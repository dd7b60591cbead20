-- ===== src/Lib.antt =====
-- A verification library for the PID Analyzer backend (backend/app): authentication and accounts, consent
-- and erasure, the review of drawings, and the workers behind the queues.
--
-- A request carries a bearer token; the middleware turns it into an identity, the permission matrix decides
-- what this identity may do, and a service then reads and writes the tables of the database and sends
-- messages to Celery workers. Each service is a function from its request, its surroundings and its state to
-- an answer and the state that it leaves. What the repository calls and does not contain (PyJWT, Supabase,
-- Redis, PostHog, clamd, S3, Celery, the database engine) is a parameter: the record `Outside` of a module
-- says which calls of one run succeed and what they bring, `Redis`, `Values`, `Digest`, `Celery`, `Engine` and
-- `RowSecurity` are interfaces with the documented laws of Redis, of hashlib, of Celery and of
-- PostgreSQL, `Calendar`, `Json` and `Reads` are what is read of Python's dates and JSON, and `decode`,
-- `parse_uuid`, `parse_int`, `hmac`, `str` and `parse` are functions of the caller.
-- System puts the operations on accounts together: a run is any sequence of them, in any order.
--
-- Prelude: the shared names, Boolean tests, lists, Python's text methods, and results with a state.
-- Samples: the users and tables of the tests, which stand in the module Tests of each component.
-- Db, Db/Tables: the rows of backend/app/db/models, and tables read and written by primary key.
-- Db/Partitions: the partitions of backend/app/db/models/audit_log.py, and those that
--   backend/alembic/versions/0003_audit_partitions.py makes.
-- Db/Schema: the first migration, backend/alembic/versions/0001_initial_schema.py, with the seeds of
--   backend/app/db/seed_tiers.py and backend/app/db/seed_entity_classes.py. Its statements run on the interface
--   Db/Schema/Engine, of which Db/Schema/Memory is an instance. Db/Schema/RowSecurity: the second migration,
--   backend/alembic/versions/0002_rls_policies.py, and both in their order.
-- Config: the settings of backend/app/config.py. Config/Startup: what a started process relies on.
-- Auth/Permissions: `ROLE_PERMISSIONS`, `check_permission` (backend/app/auth/permissions.py) and
--   `resolve_ownership`, `require_permission` (backend/app/auth/dependencies.py).
-- Auth/Middleware: `get_bearer_token`, `authenticate_request` (backend/app/auth/middleware.py) and
--   `verify_token` (backend/app/auth/jwt_verifier.py).
-- Auth/Dependencies: `get_current_user`, `require_role` (backend/app/auth/dependencies.py) and the dispatch of
--   `AuthMiddleware` (backend/app/auth/middleware.py).
-- Auth/BruteForce: the lockout of backend/app/auth/brute_force.py and the counter of
--   backend/app/redis/cache.py. Redis is the interface of the counter; Redis/Memory is an instance.
-- Redis/Cache: the flags and the taxonomy of backend/app/redis/cache.py, over the interface Redis/Values.
-- Redis/Pubsub: publication and subscription of backend/app/redis/pubsub.py.
-- Redis/Client: the clients of backend/app/redis/client.py, and `_publish_then_close` of
--   backend/app/workers/scan/tasks.py with the event loops on which it runs.
-- Account/Deletion: backend/app/services/gdpr_init_service.py. Account/Erasure: `purge_user_pii`
--   (backend/app/workers/gdpr/anonymizer.py) and the scan of backend/app/workers/gdpr/tasks.py;
--   Account/Erasure/Job: its task `erase_user_pii`.
-- AuthService: register, login, oauth_google, refresh and logout of backend/app/services/auth_service.py,
--   and both flows of backend/app/services/password_reset.py.
-- AuthService/GoTrue: `_raise_for_gotrue` and the `supabase_*` wrappers of
--   backend/app/services/auth_service.py, and `admin_sign_out` of backend/app/auth/supabase_client.py.
-- AuthService/Admin: all of backend/app/auth/supabase_client.py, with the requests that it makes.
-- Consent: backend/app/services/consent_service.py, and two concurrent updates as a step relation.
-- Profile: backend/app/services/account_service.py and the body of `patch_account` in
--   backend/app/api/routers/account.py.
-- Routers/Auth, Routers/Email: the handlers of backend/app/api/routers/auth.py, and `_valid_email` with its
--   pattern as an automaton. Routers/Account: the handlers of backend/app/api/routers/account.py behind
--   their guard. Routers/Table: the routes of backend/app/api/routers/__init__.py and backend/app/main.py, and
--   the stubs of backend/app/api/routers/_stubs.py.
-- Review: backend/app/services/symbol_service.py and backend/app/services/correction_service.py, with the
--   request checks of backend/app/api/routers/symbols.py. Review/Constraints: their writes against the
--   constraints of the first migration. Review/Corrections/Effects: what a review leaves in the tables.
-- Scan: backend/app/workers/scan/tasks.py and backend/app/workers/scan/clamav_client.py. Scan/Clamd: where the
--   worker finds clamd. Scan/Overlap: two deliveries of one job that overlap, as a step relation.
-- Workers: the task names of backend/app/workers/notification/tasks.py. Workers/Notification and
--   Workers/Delivery: its retry policy, and a task with all its retries. Workers/Tasks: its four email
--   tasks. Workers/SendGrid: backend/app/workers/notification/sendgrid_client.py. Workers/Templates:
--   backend/app/workers/notification/templates.py. Workers/Base: backend/app/workers/base.py; its interface of
--   Celery says what becomes of a message. Workers/Queues: the routes of backend/app/workers/queues.py.
-- DeadLetter: backend/app/analytics/dead_letter.py, in DeadLetter/Emit the emission of
--   backend/app/analytics/events.py, and in DeadLetter/Events its nine events, with the switch of
--   backend/app/analytics/posthog_client.py.
-- Storage: backend/app/storage/hashing.py, backend/app/storage/blocklist.py and the object keys of
--   backend/app/storage/presigned.py; in Storage/Objects the requests that this file and
--   backend/app/storage/s3_client.py make of boto3.
-- System: the operations on accounts as steps; System/Change what a step may do to the table of users,
--   System/Effects and System/Removal that each operation does no more, System/Lifecycle the abstract life of
--   an account, System/Accounts and System/Answers what holds in every state that is reached.
--
-- A UUID is a number, and its text forms go through `parse_uuid` and `str`. Times are numbers: microseconds
-- for the columns, seconds for Redis. Texts are texts of ASCII characters where `lower` reads
-- them. Floats are only stored and passed on, and are values of an arbitrary type. A database transaction
-- commits or leaves the tables as they were; rows come in the order of the table where a query orders
-- nothing. Two loops are on fuel: that of the streamed hash gets one round for every byte and one more, and each
-- round but the last one reads at least one byte; an email task gets four rounds, since Celery, as documented,
-- makes at most MAX_RETRIES retries.
--
-- Not modelled: reads of the database that fail, but for the one in front of a password reset, the clients
-- of Redis and of boto3 themselves (input and output), the delays between retries and the options of
-- backend/app/workers/celery_app.py (Celery's), the declarations of SQLAlchemy, what an index is over, what
-- row level security does to a query, the frontend and the marketing site.
pub mod Prelude
pub mod Db
pub mod Auth
pub mod Account
pub mod Consent
pub mod Redis
pub mod AuthService
pub mod Review
pub mod Scan
pub mod Workers
pub mod DeadLetter
pub mod Storage
pub mod Profile
pub mod Config
pub mod Routers
pub mod System
pub mod Samples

Problem details ::
Everything in the records must be returned exactly.

The completed task ::
repository dd7b60591cbead20
-- ===== src/Lib.antt =====
-- A verification library for the PID Analyzer backend (backend/app): authentication and accounts, consent
-- and erasure, the review of drawings, and the workers behind the queues.
--
-- A request carries a bearer token; the middleware turns it into an identity, the permission matrix decides
-- what this identity may do, and a service then reads and writes the tables of the database and sends
-- messages to Celery workers. Each service is a function from its request, its surroundings and its state to
-- an answer and the state that it leaves. What the repository calls and does not contain (PyJWT, Supabase,
-- Redis, PostHog, clamd, S3, Celery, the database engine) is a parameter: the record `Outside` of a module
-- says which calls of one run succeed and what they bring, `Redis`, `Values`, `Digest`, `Celery`, `Engine` and
-- `RowSecurity` are interfaces with the documented laws of Redis, of hashlib, of Celery and of
-- PostgreSQL, `Calendar`, `Json` and `Reads` are what is read of Python's dates and JSON, and `decode`,
-- `parse_uuid`, `parse_int`, `hmac`, `str` and `parse` are functions of the caller.
-- System puts the operations on accounts together: a run is any sequence of them, in any order.
--
-- Prelude: the shared names, Boolean tests, lists, Python's text methods, and results with a state.
-- Samples: the users and tables of the tests, which stand in the module Tests of each component.
-- Db, Db/Tables: the rows of backend/app/db/models, and tables read and written by primary key.
-- Db/Partitions: the partitions of backend/app/db/models/audit_log.py, and those that
--   backend/alembic/versions/0003_audit_partitions.py makes.
-- Db/Schema: the first migration, backend/alembic/versions/0001_initial_schema.py, with the seeds of
--   backend/app/db/seed_tiers.py and backend/app/db/seed_entity_classes.py. Its statements run on the interface
--   Db/Schema/Engine, of which Db/Schema/Memory is an instance. Db/Schema/RowSecurity: the second migration,
--   backend/alembic/versions/0002_rls_policies.py, and both in their order.
-- Config: the settings of backend/app/config.py. Config/Startup: what a started process relies on.
-- Auth/Permissions: `ROLE_PERMISSIONS`, `check_permission` (backend/app/auth/permissions.py) and
--   `resolve_ownership`, `require_permission` (backend/app/auth/dependencies.py).
-- Auth/Middleware: `get_bearer_token`, `authenticate_request` (backend/app/auth/middleware.py) and
--   `verify_token` (backend/app/auth/jwt_verifier.py).
-- Auth/Dependencies: `get_current_user`, `require_role` (backend/app/auth/dependencies.py) and the dispatch of
--   `AuthMiddleware` (backend/app/auth/middleware.py).
-- Auth/BruteForce: the lockout of backend/app/auth/brute_force.py and the counter of
--   backend/app/redis/cache.py. Redis is the interface of the counter; Redis/Memory is an instance.
-- Redis/Cache: the flags and the taxonomy of backend/app/redis/cache.py, over the interface Redis/Values.
-- Redis/Pubsub: publication and subscription of backend/app/redis/pubsub.py.
-- Redis/Client: the clients of backend/app/redis/client.py, and `_publish_then_close` of
--   backend/app/workers/scan/tasks.py with the event loops on which it runs.
-- Account/Deletion: backend/app/services/gdpr_init_service.py. Account/Erasure: `purge_user_pii`
--   (backend/app/workers/gdpr/anonymizer.py) and the scan of backend/app/workers/gdpr/tasks.py;
--   Account/Erasure/Job: its task `erase_user_pii`.
-- AuthService: register, login, oauth_google, refresh and logout of backend/app/services/auth_service.py,
--   and both flows of backend/app/services/password_reset.py.
-- AuthService/GoTrue: `_raise_for_gotrue` and the `supabase_*` wrappers of
--   backend/app/services/auth_service.py, and `admin_sign_out` of backend/app/auth/supabase_client.py.
-- AuthService/Admin: all of backend/app/auth/supabase_client.py, with the requests that it makes.
-- Consent: backend/app/services/consent_service.py, and two concurrent updates as a step relation.
-- Profile: backend/app/services/account_service.py and the body of `patch_account` in
--   backend/app/api/routers/account.py.
-- Routers/Auth, Routers/Email: the handlers of backend/app/api/routers/auth.py, and `_valid_email` with its
--   pattern as an automaton. Routers/Account: the handlers of backend/app/api/routers/account.py behind
--   their guard. Routers/Table: the routes of backend/app/api/routers/__init__.py and backend/app/main.py, and
--   the stubs of backend/app/api/routers/_stubs.py.
-- Review: backend/app/services/symbol_service.py and backend/app/services/correction_service.py, with the
--   request checks of backend/app/api/routers/symbols.py. Review/Constraints: their writes against the
--   constraints of the first migration. Review/Corrections/Effects: what a review leaves in the tables.
-- Scan: backend/app/workers/scan/tasks.py and backend/app/workers/scan/clamav_client.py. Scan/Clamd: where the
--   worker finds clamd. Scan/Overlap: two deliveries of one job that overlap, as a step relation.
-- Workers: the task names of backend/app/workers/notification/tasks.py. Workers/Notification and
--   Workers/Delivery: its retry policy, and a task with all its retries. Workers/Tasks: its four email
--   tasks. Workers/SendGrid: backend/app/workers/notification/sendgrid_client.py. Workers/Templates:
--   backend/app/workers/notification/templates.py. Workers/Base: backend/app/workers/base.py; its interface of
--   Celery says what becomes of a message. Workers/Queues: the routes of backend/app/workers/queues.py.
-- DeadLetter: backend/app/analytics/dead_letter.py, in DeadLetter/Emit the emission of
--   backend/app/analytics/events.py, and in DeadLetter/Events its nine events, with the switch of
--   backend/app/analytics/posthog_client.py.
-- Storage: backend/app/storage/hashing.py, backend/app/storage/blocklist.py and the object keys of
--   backend/app/storage/presigned.py; in Storage/Objects the requests that this file and
--   backend/app/storage/s3_client.py make of boto3.
-- System: the operations on accounts as steps; System/Change what a step may do to the table of users,
--   System/Effects and System/Removal that each operation does no more, System/Lifecycle the abstract life of
--   an account, System/Accounts and System/Answers what holds in every state that is reached.
--
-- A UUID is a number, and its text forms go through `parse_uuid` and `str`. Times are numbers: microseconds
-- for the columns, seconds for Redis. Texts are texts of ASCII characters where `lower` reads
-- them. Floats are only stored and passed on, and are values of an arbitrary type. A database transaction
-- commits or leaves the tables as they were; rows come in the order of the table where a query orders
-- nothing. Two loops are on fuel: that of the streamed hash gets one round for every byte and one more, and each
-- round but the last one reads at least one byte; an email task gets four rounds, since Celery, as documented,
-- makes at most MAX_RETRIES retries.
--
-- Not modelled: reads of the database that fail, but for the one in front of a password reset, the clients
-- of Redis and of boto3 themselves (input and output), the delays between retries and the options of
-- backend/app/workers/celery_app.py (Celery's), the declarations of SQLAlchemy, what an index is over, what
-- row level security does to a query, the frontend and the marketing site.
pub mod Prelude
pub mod Db
pub mod Auth
pub mod Account
pub mod Consent
pub mod Redis
pub mod AuthService
pub mod Review
pub mod Scan
pub mod Workers
pub mod DeadLetter
pub mod Storage
pub mod Profile
pub mod Config
pub mod Routers
pub mod System
pub mod Samples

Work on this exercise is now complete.